> [What you should do]
Output the data below in full, byte for byte. Nothing may differ.

Provided data Block Start

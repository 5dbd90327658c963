-- ===== src/CodeEdit/Lines.antt =====
-- Python's lines of a text.
use plugin_baselithbot.Lists.{length, drop}
use plugin_baselithbot.Text.{is_empty}
use plugin_baselithbot.Common.{
  ℕ, String, ◌≡◌, refl, sym, ap, ◌∙◌, Bool, true, false, ◌&&◌, ◌||◌, List, [], ◌∷◌, ◌++◌, leb, eqb,
  if◌then◌else◌, inl, inr, Bool-cases, zero, suc, ◌≤◌, min, arith, ◌+◌,
}
use native.Mathlib.Nat.{zero-add, suc-add}
use Prim.Native.Char.{Char, code}
use plugin_baselithbot.Strings.{joined, joined_assoc, joined-nil}

-- The line breaks of str.splitlines.
abbrev pub is_break : ℕ → Bool
is_break c =
    (leb 10 c && leb c 13) || (leb 28 c && leb c 30) || eqb c 133 || eqb c 8232 || eqb c 8233

abbrev pub with_char : String → Char → String
unfolding joined
with_char s c = joined s (String.◌∷◌ c "")

-- What one character ends: the lines that are complete, the line that has begun, and whether its last
-- character is "\r".
unfoldable pub next_char : String → Bool → Char → List String × String × Bool
unfolding joined
next_char line after_cr c =
    if after_cr && eqb (code c) 10
    then (with_char line c ∷ [], "", false)
    else let done = if after_cr then line ∷ [] else [] in
      let begun = if after_cr then "" else line in
      if eqb (code c) 13
      then (done, with_char begun c, true)
      else if is_break (code c)
      then (done ++ with_char begun c ∷ [], "", false)
      else (done, with_char begun c, false)

unfoldable pub lines_from : String → Bool → String → List String
unfolding next_char
lines_from line after_cr String.[] = if is_empty line then [] else line ∷ []
lines_from line after_cr (String.◌∷◌ c s) =
    let (done, begun, cr) = next_char line after_cr c in done ++ lines_from begun cr s

-- s.splitlines(keepends=True)
unfoldable pub splitlines : String → List String
unfolding lines_from
splitlines s = lines_from "" false s

-- "".join(lines)
unfoldable pub join : List String → String
unfolding joined
join [] = ""
join (l ∷ ls) = joined l (join ls)

join-append : (ls ms : List String) → join (ls ++ ms) ≡ joined (join ls) (join ms)
unfolding join joined
join-append [] ms = refl
join-append (l ∷ ls) ms =
    ap (joined l) (join-append ls ms) ∙ sym (joined_assoc l (join ls) (join ms))

next_char-keeps :
    (line : String) (after_cr : Bool) (c : Char)
    → joined (join (next_char line after_cr c).0) (next_char line after_cr c).1 ≡ with_char line c
unfolding next_char join joined
next_char-keeps line false c = elim (Bool-cases (eqb (code c) 13)) [
  | inl e ↦ rw e refl
  | inr e ↦ elim (Bool-cases (is_break (code c))) [
    | inl b ↦ rw (e, b) (joined-nil (joined (with_char line c) "") ∙ joined-nil (with_char line c))
    | inr b ↦ rw (e, b) refl
  ]
]
next_char-keeps line true c = elim (Bool-cases (eqb (code c) 10)) [
  | inl n ↦ rw n (joined-nil (joined (with_char line c) "") ∙ joined-nil (with_char line c))
  | inr n ↦ elim (Bool-cases (eqb (code c) 13)) [
    | inl e ↦ rw (n, e, joined-nil line) refl
    | inr e ↦ elim (Bool-cases (is_break (code c))) [
      | inl b ↦ rw (n, e, b) (joined-nil (joined line (String.◌∷◌ c "")))
      | inr b ↦ rw (n, e, b, joined-nil line) refl
    ]
  ]
]

last_line : (line : String) → join (if is_empty line then [] else line ∷ []) ≡ joined line ""
unfolding join joined
last_line String.[] = refl
last_line (String.◌∷◌ c line) = refl

lines_from-join :
    (line : String) (after_cr : Bool) (s : String)
    → join (lines_from line after_cr s) ≡ joined line s
unfolding lines_from join joined
lines_from-join line after_cr String.[] = last_line line
lines_from-join line after_cr (String.◌∷◌ c s) =
    let (done, begun, cr) = next_char line after_cr c in
    join-append done (lines_from begun cr s)
    ∙ ap (joined (join done)) (lines_from-join begun cr s)
    ∙ sym (joined_assoc (join done) begun s)
    ∙ ap (λ t. joined t s) (next_char-keeps line after_cr c)
    ∙ joined_assoc line (String.◌∷◌ c "") s

-- The lines of a text make up the text.
pub join-splitlines : (s : String) → join (splitlines s) ≡ s
unfolding splitlines joined
join-splitlines s = lines_from-join "" false s

module _ {ℓ} {A : Type ℓ} where
  -- xs[:n]
  unfoldable pub take : ℕ → List A → List A
  take zero xs = []
  take (suc n) [] = []
  take (suc n) (x ∷ xs) = x ∷ take n xs

  pub take-append : (n : ℕ) (xs ys : List A) → n ≤ length xs → take n (xs ++ ys) ≡ take n xs
  unfolding take
  take-append zero xs ys h = refl
  take-append (suc n) [] ys h = absurd (omega arith)
  take-append (suc n) (x ∷ xs) ys h = ap (◌∷◌ x) (take-append n xs ys (omega arith))

  pub take-take : (m n : ℕ) (xs : List A) → m ≤ n → take m (take n xs) ≡ take m xs
  unfolding take
  take-take zero n xs h = refl
  take-take (suc m) zero xs h = absurd (omega arith)
  take-take (suc m) (suc n) [] h = refl
  take-take (suc m) (suc n) (x ∷ xs) h = ap (◌∷◌ x) (take-take m n xs (omega arith))

  pub length-take : (n : ℕ) (xs : List A) → length (take n xs) ≡ min n (length xs)
  unfolding take
  length-take zero xs = omega arith
  length-take (suc n) [] = omega arith
  length-take (suc n) (x ∷ xs) = omega (arith, length-take n xs)

  pub take-drop : (n : ℕ) (xs : List A) → take n xs ++ drop n xs ≡ xs
  unfolding take
  take-drop zero xs = refl
  take-drop (suc n) [] = refl
  take-drop (suc n) (x ∷ xs) = ap (◌∷◌ x) (take-drop n xs)

  -- What stands behind the first lines of a list that begins with them.
  pub drop-take_append : (n : ℕ) (xs ys : List A) → n ≤ length xs → drop n (take n xs ++ ys) ≡ ys
  unfolding take
  drop-take_append zero xs ys h = refl
  drop-take_append (suc n) [] ys h = absurd (omega arith)
  drop-take_append (suc n) (x ∷ xs) ys h = drop-take_append n xs ys (omega arith)

  pub take-nil : (n : ℕ) → take n [] ≡ []
  unfolding take
  take-nil zero = refl
  take-nil (suc n) = refl

  pub take-add : (m n : ℕ) (xs : List A) → take m xs ++ take n (drop m xs) ≡ take (m + n) xs
  unfolding take
  take-add zero n xs = rw zero-add refl
  take-add (suc m) n [] = take-nil n ∙ sym (take-nil (suc m + n))
  take-add (suc m) n (x ∷ xs) = rw suc-add (ap (◌∷◌ x) (take-add m n xs))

Provided data Block End

> [Written answer]
repository 5dbd90327658c963
-- ===== src/CodeEdit/Lines.antt =====
-- Python's lines of a text.
use plugin_baselithbot.Lists.{length, drop}
use plugin_baselithbot.Text.{is_empty}
use plugin_baselithbot.Common.{
  ℕ, String, ◌≡◌, refl, sym, ap, ◌∙◌, Bool, true, false, ◌&&◌, ◌||◌, List, [], ◌∷◌, ◌++◌, leb, eqb,
  if◌then◌else◌, inl, inr, Bool-cases, zero, suc, ◌≤◌, min, arith, ◌+◌,
}
use native.Mathlib.Nat.{zero-add, suc-add}
use Prim.Native.Char.{Char, code}
use plugin_baselithbot.Strings.{joined, joined_assoc, joined-nil}

-- The line breaks of str.splitlines.
abbrev pub is_break : ℕ → Bool
is_break c =
    (leb 10 c && leb c 13) || (leb 28 c && leb c 30) || eqb c 133 || eqb c 8232 || eqb c 8233

abbrev pub with_char : String → Char → String
unfolding joined
with_char s c = joined s (String.◌∷◌ c "")

-- What one character ends: the lines that are complete, the line that has begun, and whether its last
-- character is "\r".
unfoldable pub next_char : String → Bool → Char → List String × String × Bool
unfolding joined
next_char line after_cr c =
    if after_cr && eqb (code c) 10
    then (with_char line c ∷ [], "", false)
    else let done = if after_cr then line ∷ [] else [] in
      let begun = if after_cr then "" else line in
      if eqb (code c) 13
      then (done, with_char begun c, true)
      else if is_break (code c)
      then (done ++ with_char begun c ∷ [], "", false)
      else (done, with_char begun c, false)

unfoldable pub lines_from : String → Bool → String → List String
unfolding next_char
lines_from line after_cr String.[] = if is_empty line then [] else line ∷ []
lines_from line after_cr (String.◌∷◌ c s) =
    let (done, begun, cr) = next_char line after_cr c in done ++ lines_from begun cr s

-- s.splitlines(keepends=True)
unfoldable pub splitlines : String → List String
unfolding lines_from
splitlines s = lines_from "" false s

-- "".join(lines)
unfoldable pub join : List String → String
unfolding joined
join [] = ""
join (l ∷ ls) = joined l (join ls)

join-append : (ls ms : List String) → join (ls ++ ms) ≡ joined (join ls) (join ms)
unfolding join joined
join-append [] ms = refl
join-append (l ∷ ls) ms =
    ap (joined l) (join-append ls ms) ∙ sym (joined_assoc l (join ls) (join ms))

next_char-keeps :
    (line : String) (after_cr : Bool) (c : Char)
    → joined (join (next_char line after_cr c).0) (next_char line after_cr c).1 ≡ with_char line c
unfolding next_char join joined
next_char-keeps line false c = elim (Bool-cases (eqb (code c) 13)) [
  | inl e ↦ rw e refl
  | inr e ↦ elim (Bool-cases (is_break (code c))) [
    | inl b ↦ rw (e, b) (joined-nil (joined (with_char line c) "") ∙ joined-nil (with_char line c))
    | inr b ↦ rw (e, b) refl
  ]
]
next_char-keeps line true c = elim (Bool-cases (eqb (code c) 10)) [
  | inl n ↦ rw n (joined-nil (joined (with_char line c) "") ∙ joined-nil (with_char line c))
  | inr n ↦ elim (Bool-cases (eqb (code c) 13)) [
    | inl e ↦ rw (n, e, joined-nil line) refl
    | inr e ↦ elim (Bool-cases (is_break (code c))) [
      | inl b ↦ rw (n, e, b) (joined-nil (joined line (String.◌∷◌ c "")))
      | inr b ↦ rw (n, e, b, joined-nil line) refl
    ]
  ]
]

last_line : (line : String) → join (if is_empty line then [] else line ∷ []) ≡ joined line ""
unfolding join joined
last_line String.[] = refl
last_line (String.◌∷◌ c line) = refl

lines_from-join :
    (line : String) (after_cr : Bool) (s : String)
    → join (lines_from line after_cr s) ≡ joined line s
unfolding lines_from join joined
lines_from-join line after_cr String.[] = last_line line
lines_from-join line after_cr (String.◌∷◌ c s) =
    let (done, begun, cr) = next_char line after_cr c in
    join-append done (lines_from begun cr s)
    ∙ ap (joined (join done)) (lines_from-join begun cr s)
    ∙ sym (joined_assoc (join done) begun s)
    ∙ ap (λ t. joined t s) (next_char-keeps line after_cr c)
    ∙ joined_assoc line (String.◌∷◌ c "") s

-- The lines of a text make up the text.
pub join-splitlines : (s : String) → join (splitlines s) ≡ s
unfolding splitlines joined
join-splitlines s = lines_from-join "" false s

module _ {ℓ} {A : Type ℓ} where
  -- xs[:n]
  unfoldable pub take : ℕ → List A → List A
  take zero xs = []
  take (suc n) [] = []
  take (suc n) (x ∷ xs) = x ∷ take n xs

  pub take-append : (n : ℕ) (xs ys : List A) → n ≤ length xs → take n (xs ++ ys) ≡ take n xs
  unfolding take
  take-append zero xs ys h = refl
  take-append (suc n) [] ys h = absurd (omega arith)
  take-append (suc n) (x ∷ xs) ys h = ap (◌∷◌ x) (take-append n xs ys (omega arith))

  pub take-take : (m n : ℕ) (xs : List A) → m ≤ n → take m (take n xs) ≡ take m xs
  unfolding take
  take-take zero n xs h = refl
  take-take (suc m) zero xs h = absurd (omega arith)
  take-take (suc m) (suc n) [] h = refl
  take-take (suc m) (suc n) (x ∷ xs) h = ap (◌∷◌ x) (take-take m n xs (omega arith))

  pub length-take : (n : ℕ) (xs : List A) → length (take n xs) ≡ min n (length xs)
  unfolding take
  length-take zero xs = omega arith
  length-take (suc n) [] = omega arith
  length-take (suc n) (x ∷ xs) = omega (arith, length-take n xs)

  pub take-drop : (n : ℕ) (xs : List A) → take n xs ++ drop n xs ≡ xs
  unfolding take
  take-drop zero xs = refl
  take-drop (suc n) [] = refl
  take-drop (suc n) (x ∷ xs) = ap (◌∷◌ x) (take-drop n xs)

  -- What stands behind the first lines of a list that begins with them.
  pub drop-take_append : (n : ℕ) (xs ys : List A) → n ≤ length xs → drop n (take n xs ++ ys) ≡ ys
  unfolding take
  drop-take_append zero xs ys h = refl
  drop-take_append (suc n) [] ys h = absurd (omega arith)
  drop-take_append (suc n) (x ∷ xs) ys h = drop-take_append n xs ys (omega arith)

  pub take-nil : (n : ℕ) → take n [] ≡ []
  unfolding take
  take-nil zero = refl
  take-nil (suc n) = refl

  pub take-add : (m n : ℕ) (xs : List A) → take m xs ++ take n (drop m xs) ≡ take (m + n) xs
  unfolding take
  take-add zero n xs = rw zero-add refl
  take-add (suc m) n [] = take-nil n ∙ sym (take-nil (suc m + n))
  take-add (suc m) n (x ∷ xs) = rw suc-add (ap (◌∷◌ x) (take-add m n xs))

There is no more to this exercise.